Makin majemuknya kebudayaan suatu bangsa adalah merupakan kekayaan yang berlimpah-limpah bagi khasanah filmnya. Sebagai kenyataan, semua ini belum digarap. Kita mendengar berbagai macam kekhawatiran itu akan ada, jika diberi pendekatan barunya di dalam pendekatan nilai fungsi sosial yang dicanangkan di atas. Sehingga muncul sebuah daya tarik baru yang akurat dan relevan bagi zaman saat ini.
FUNGSI EKONOMI FILM. Hanya sebuah film yang memikat sebagai tontonan orang, sehingga karena pemodalan kembali dan mendapatkan untung. Memikat sebagai tontonan, sebuah kalimat besar yang telah banyak dijalankan orang dengan berbagai cara. Mulai dari judul, tema cerita, penggarapan, eksploitasi macam-macam, reklame, dan iklan-iklan besar. Pendek kata segala jurusan telah dijajaki dengan tanpa mendapat jawaban yang pasti perihal laku dan tidaknya sebuah film.
Seperti halnya komoditi lain, juga film memiliki komoditinya sendiri. Tapi kalau sutradara bertanya, bagaimana cara membuat film yang laku, jawabnya adalah; seberapa jauh sutradara itu mengenal masyarakatnya? Seberapa besar persepsi sutradara itu dalam menghidupi dirinya sebagai anak negeri yang berkewajiban mencintainya.
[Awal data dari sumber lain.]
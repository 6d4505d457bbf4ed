-- ===== src/Store/Signers.antt =====
-- `createMemorySignerStore`, `createMemorySignatureFieldStore` and `createMemoryConsentStore` of
-- packages/application/src/documents/memory-adapters.ts.
use bug_free_fiesta.Domain.Errors.{
  throw_if, guard, ◌>>◌, Result, ok, ApplicationError, conflict_error, not_found_error,
}
use bug_free_fiesta.Domain.Entities.{Signer, SignatureField, ConsentRecord}
use bug_free_fiesta.Store.Rows.{replace_row, find_row, update_row}
use bug_free_fiesta.Prelude.{
  is_none, not, ◌+◌, ◌++◌, any, ◌==◌, ltb, ◌&&◌, some, str_eq, [], if◌then◌else◌, Option, keep_if,
  String, List, Bool, ◌∷◌, ℕ,
}
use bug_free_fiesta.Domain.Statuses.{SignerStatus, signer_status_eq}
use bug_free_fiesta.Domain.SigningMode.{is_pending}

pub record SignerKey : Type 0 where
  pub organization_id : String
  pub signer_id : String

unfoldable pub has_signer_key : SignerKey → Signer → Bool
has_signer_key key row =
    str_eq row.organization_id key.organization_id && str_eq row.id key.signer_id

abbrev signer_missing : ApplicationError
signer_missing = not_found_error (("resource", "signer") ∷ [])

unfoldable pub find_signer : SignerKey → List Signer → Option Signer
find_signer key = find_row (has_signer_key key)

-- `sort` by routing order is stable: a row goes behind those of its own order.
insert_by_order : Signer → List Signer → List Signer
insert_by_order row [] = row ∷ []
insert_by_order row (other ∷ rows) =
    if ltb row.routing_order other.routing_order
    then row ∷ other ∷ rows
    else other ∷ insert_by_order row rows

sort_from : List Signer → List Signer → List Signer
unfolding insert_by_order
sort_from sorted [] = sorted
sort_from sorted (row ∷ rows) = sort_from (insert_by_order row sorted) rows

unfoldable pub signers_of_document : String → String → List Signer → List Signer
unfolding sort_from
signers_of_document organization_id document_id rows = sort_from [] (
    keep_if
      (λ row. str_eq row.organization_id organization_id && str_eq row.document_id document_id)
      rows)

unfoldable pub decline_row : ℕ → ℕ → Signer → Result Signer
decline_row expected_version declined_at current = do
  guard (current.version == expected_version && is_pending current)
      (conflict_error (("reason", "signer_version") ∷ []))
  ok (record current {
    status = SignerStatus.declined;
    version = current.version + 1;
    declined_at = some declined_at;
  })

unfoldable pub sign_row : ℕ → ℕ → Signer → Result Signer
sign_row expected_version completed_at current =
    if signer_status_eq current.status SignerStatus.signed then ok current else (do
      guard (current.version == expected_version && is_pending current)
          (conflict_error (("reason", "signer_version") ∷ []))
      ok (record current {
        status = SignerStatus.signed;
        version = current.version + 1;
        completed_at = some completed_at;
      }))

unfoldable pub update_signer :
    SignerKey → (Signer → Result Signer) → List Signer → Result (Signer × List Signer)
update_signer key = update_row (has_signer_key key) signer_missing

pub record FieldKey : Type 0 where
  pub organization_id : String
  pub field_id : String

unfoldable pub has_field_key : FieldKey → SignatureField → Bool
has_field_key key row = str_eq row.organization_id key.organization_id && str_eq row.id key.field_id

unfoldable pub fields_of_document : String → String → List SignatureField → List SignatureField
fields_of_document organization_id document_id =
    keep_if
      (λ row. str_eq row.organization_id organization_id && str_eq row.document_id document_id)

pub record FieldCompletion : Type 0 where
  pub completed_at : ℕ
  pub object_key : Option String
  pub content_type : Option String
  pub size_bytes : Option ℕ
  pub sha256_digest : Option String

unfoldable pub complete_field :
    FieldKey → FieldCompletion → List SignatureField → Result (SignatureField × List SignatureField)
complete_field key done =
    update_row (has_field_key key) (not_found_error (("resource", "signature_field") ∷ []))
      (λ current. ok (record current {
        completed_at = some done.completed_at;
        completion_object_key = done.object_key;
        completion_content_type = done.content_type;
        completion_size_bytes = done.size_bytes;
        completion_sha256_digest = done.sha256_digest;
      }))

unfoldable pub mark_flattened :
    FieldKey → String → List SignatureField → Result (SignatureField × List SignatureField)
mark_flattened key revision_id =
    update_row (has_field_key key) (not_found_error (("resource", "signature_field") ∷ []))
      (λ current. ok (record current { flattened_revision_id = some revision_id }))

unfoldable pub consent_of_session : String → String → List ConsentRecord → Option ConsentRecord
consent_of_session organization_id session_id =
    find_row (λ row. str_eq row.organization_id organization_id && str_eq row.session_id session_id)

unfoldable pub create_consent :
    String → ConsentRecord → List ConsentRecord → Result (ConsentRecord × List ConsentRecord)
create_consent organization_id consent rows = do
  throw_if
      (any
        (λ row.
          str_eq row.organization_id organization_id && str_eq row.session_id consent.session_id)
        rows)
      (conflict_error (("reason", "consent_exists") ∷ []))
  ok (consent, rows ++ consent ∷ [])

abbrev in_document : String → String → String → String → Bool
in_document organization_id document_id row_organization row_document =
    str_eq row_organization organization_id && str_eq row_document document_id

-- The rows of the document that are not among the new ones are removed, from the last to the first.
unfoldable pub remove_others : String → String → List Signer → List Signer → List Signer
remove_others organization_id document_id signers = keep_if (λ row. not (
    in_document organization_id document_id row.organization_id row.document_id
    && not (any (λ signer. str_eq signer.id row.id) signers)))

-- Each new row takes the place of the one with its id, or goes to the end.
unfoldable pub put_signers : String → List Signer → List Signer → List Signer
unfolding find_signer
put_signers organization_id [] rows = rows
put_signers organization_id (signer ∷ signers) rows =
    let key : SignerKey = record { organization_id = organization_id; signer_id = signer.id } in
    put_signers organization_id signers (
      if is_none (find_signer key rows)
      then rows ++ signer ∷ []
      else replace_row (has_signer_key key) signer rows)

unfoldable pub replace_all_signers :
    String → String → List Signer → List Signer → Result (List Signer × List Signer)
unfolding remove_others put_signers
replace_all_signers organization_id document_id signers rows = ok (
  signers,
  put_signers organization_id signers (remove_others organization_id document_id signers rows),
)

unfoldable pub replace_all_fields :
    String
    → String
    → List SignatureField
    → List SignatureField
    → Result (List SignatureField × List SignatureField)
replace_all_fields organization_id document_id fields rows = ok (
  fields,
  keep_if (λ row. not (in_document organization_id document_id row.organization_id row.document_id))
        rows
      ++ fields,
)
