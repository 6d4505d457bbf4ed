-- ===== src/Store/Documents.antt =====
-- `createMemoryDocumentRepository` of packages/application/src/documents/memory-adapters.ts. An
-- operation returns the row it wrote and the rows that are left, or the error it throws; a refused
-- operation writes nothing.
pub mod Moves
use bug_free_fiesta.Domain.Errors.{
  ◌>>=◌, guard, throw_if, ◌>>◌, Result, ok, err, ApplicationError, conflict_error, not_found_error,
}
use bug_free_fiesta.Domain.Entities.{DocumentRevision, Document}
use bug_free_fiesta.Store.Rows.{find_row, replace_row, update_row}
use bug_free_fiesta.Domain.Statuses.{
  document_state_eq, DocumentInspectionStatus, DocumentState, SigningMode,
}
use bug_free_fiesta.Prelude.{
  keep_if, ◌++◌, String, [], leb, none, ◌+◌, ◌||◌, not, ◌==◌, ◌&&◌, false, option_str_eq, Option,
  some, str_eq, if◌then◌else◌, true, ◌∷◌, Bool, List,
}
use Prim.Native.Nat.{ℕ}
use bug_free_fiesta.Domain.Lifecycle.{is_preparation_state, is_open_state}

pub record DocumentKey : Type 0 where
  pub organization_id : String
  pub document_id : String

unfoldable pub has_document_key : DocumentKey → Document → Bool
has_document_key key row =
    str_eq row.organization_id key.organization_id && str_eq row.id key.document_id

abbrev document_missing : ApplicationError
document_missing = not_found_error (("resource", "document") ∷ [])

abbrev pub document_version_conflict : ApplicationError
document_version_conflict = conflict_error (("reason", "document_version") ∷ [])

unfoldable pub find_document : DocumentKey → List Document → Option Document
find_document key = find_row (has_document_key key)

-- What a guarded update does to the row that it finds.
unfoldable pub bump_current : ℕ → (Document → Result Document) → Document → Result Document
bump_current expected_version update current = do
  guard (current.version == expected_version) document_version_conflict
  updated ← update current
  ok (record updated { version = current.version + 1 })

unfoldable pub bump_document :
    DocumentKey
    → ℕ
    → (Document → Result Document)
    → List Document
    → Result (Document × List Document)
bump_document key expected_version update =
    update_row (has_document_key key) document_missing (bump_current expected_version update)

-- The updates, as functions of the current row.
unfoldable pub set_source : String → String → Document → Result Document
set_source revision_id source_display_name current = ok (record current {
  source_display_name = some source_display_name;
  current_revision_id = some revision_id;
})

unfoldable pub set_inspection_status : DocumentInspectionStatus → Document → Result Document
set_inspection_status inspection_status current =
    ok (record current { inspection_status = inspection_status })

unfoldable pub set_signing_mode : SigningMode → Document → Result Document
set_signing_mode signing_mode current = ok (record current { signing_mode = signing_mode })

unfoldable pub set_preparation_state : DocumentState → Document → Result Document
set_preparation_state state current = ok (record current { state = state })

unfoldable pub mark_sent : String → Option ℕ → Document → Result Document
mark_sent signing_revision_id expires_at current = ok (record current {
  state = DocumentState.sent;
  signing_revision_id = some signing_revision_id;
  expires_at = expires_at;
})

unfoldable pub mark_declined : Document → Result Document
mark_declined current = do
  guard (is_open_state current.state) (conflict_error (("reason", "document_not_declinable") ∷ []))
  ok (record current { state = DocumentState.declined })

unfoldable pub mark_voided : Document → Result Document
mark_voided current = do
  guard (is_preparation_state current.state || is_open_state current.state)
      (conflict_error (("reason", "document_not_voidable") ∷ []))
  ok (record current { state = DocumentState.voided })

unfoldable pub mark_in_progress : Document → Result Document
mark_in_progress current = do
  guard (is_open_state current.state) (conflict_error (("reason", "document_not_in_progress") ∷ []))
  ok (record current { state = DocumentState.in_progress })

unfoldable pub mark_completed : Document → Result Document
mark_completed current = do
  guard (is_open_state current.state) (conflict_error (("reason", "document_not_completable") ∷ []))
  ok (record current { state = DocumentState.completed })

abbrev lease_conflict : ApplicationError
lease_conflict =
    conflict_error (("reason", "document_lease") ∷ ("code", "CONCURRENT_FINALIZATION") ∷ [])

-- `until !== null && until >= now && owner !== other`
unfoldable pub leased_by_another : Document → String → ℕ → Bool
leased_by_another current owner now = elim current.lease_until [
  | none ↦ false
  | some until ↦ leb now until && not (option_str_eq current.lease_owner (some owner))
]

abbrev is_flattenable : DocumentState → Bool
is_flattenable DocumentState.sent = true
is_flattenable DocumentState.in_progress = true
is_flattenable DocumentState.completed = true
is_flattenable DocumentState.finalization_failed = true
is_flattenable DocumentState.finalizing = true
is_flattenable _ = false

abbrev claimed_state : DocumentState → DocumentState
claimed_state DocumentState.completed = DocumentState.finalizing
claimed_state DocumentState.finalization_failed = DocumentState.finalizing
claimed_state DocumentState.sent = DocumentState.in_progress
claimed_state other = other

unfoldable pub claim_processing_lease : String → ℕ → ℕ → Document → Result Document
unfolding leased_by_another
claim_processing_lease owner now lease_until current = do
  throw_if (leased_by_another current owner now) lease_conflict
  guard (is_flattenable current.state)
      (conflict_error (("reason", "document_not_flattenable") ∷ []))
  let next_state = claimed_state current.state
  ok (record current {
    state = next_state;
    lease_owner = some owner;
    lease_until = some lease_until;
    finalization_attempt_count =
        if document_state_eq next_state DocumentState.finalizing
        then current.finalization_attempt_count + 1
        else current.finalization_attempt_count;
  })

unfoldable pub commit_flattened_revision : String → String → Bool → Document → Result Document
commit_flattened_revision owner revision_id finalize current = do
  guard (option_str_eq current.lease_owner (some owner)) lease_conflict
  throw_if
      (finalize
        && not (
            document_state_eq current.state DocumentState.finalizing
            || document_state_eq current.state DocumentState.completed))
      (conflict_error (("reason", "document_not_finalizable") ∷ []))
  ok (record current {
    state = if finalize then DocumentState.finalized else current.state;
    current_revision_id = some revision_id;
    lease_owner = none;
    lease_until = none;
  })

-- `markFinalizationFailed` checks no version, and leaves a row alone that is neither leased by the
-- owner nor being finalized.
unfoldable pub finalization_failed_row : String → Document → Result Document
finalization_failed_row owner current =
    if not (option_str_eq current.lease_owner (some owner))
      && not (document_state_eq current.state DocumentState.finalizing)
    then ok current
    else ok (record current {
      state =
          if document_state_eq current.state DocumentState.finalizing
          then DocumentState.finalization_failed
          else current.state;
      version = current.version + 1;
      lease_owner = none;
      lease_until = none;
    })

unfoldable pub mark_finalization_failed :
    DocumentKey → String → List Document → Result (Document × List Document)
mark_finalization_failed key owner =
    update_row (has_document_key key) document_missing (finalization_failed_row owner)

unfoldable pub released_row : String → Document → Document
released_row owner current =
    if option_str_eq current.lease_owner (some owner)
    then record current { version = current.version + 1; lease_owner = none; lease_until = none }
    else current

-- `releaseProcessingLease` is silent where the row is missing or leased by another.
unfoldable pub release_processing_lease : DocumentKey → String → List Document → List Document
unfolding released_row
release_processing_lease key owner rows = elim (find_row (has_document_key key) rows) [
  | none ↦ rows
  | some current ↦ replace_row (has_document_key key) (released_row owner current) rows
]

-- `createMemoryDocumentRevisionRepository`
unfoldable pub find_revision : String → String → List DocumentRevision → Option DocumentRevision
find_revision organization_id revision_id =
    find_row (λ row. str_eq row.organization_id organization_id && str_eq row.id revision_id)

unfoldable pub documents_of_organization : String → List Document → List Document
documents_of_organization organization_id =
    keep_if (λ row. str_eq row.organization_id organization_id)

unfoldable pub create_document : Document → List Document → Result (Document × List Document)
create_document document rows = ok (document, rows ++ document ∷ [])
Di atas kedua gabungan itu dia akan tahu apa yang terbaik yang bisa dia berikan kepada masyarakat dan negerinya yang sudah dia kenal betul. Bakat, ilmu, dan wawasan yang telah dimiliki akan tetap menopangnya di dalam menjalankan intelektualitasnya sebagai seorang pembuat film di negeri ini. Pada umumnya film yang dibuat lewat kesadaran semacam ini terasa dekat dengan negeri dan masyarakat di mana seorang pembuat film berfungsi menjadi teman seperjalanan mereka. Fungsi ekonomi akan mengikutinya dari belakang.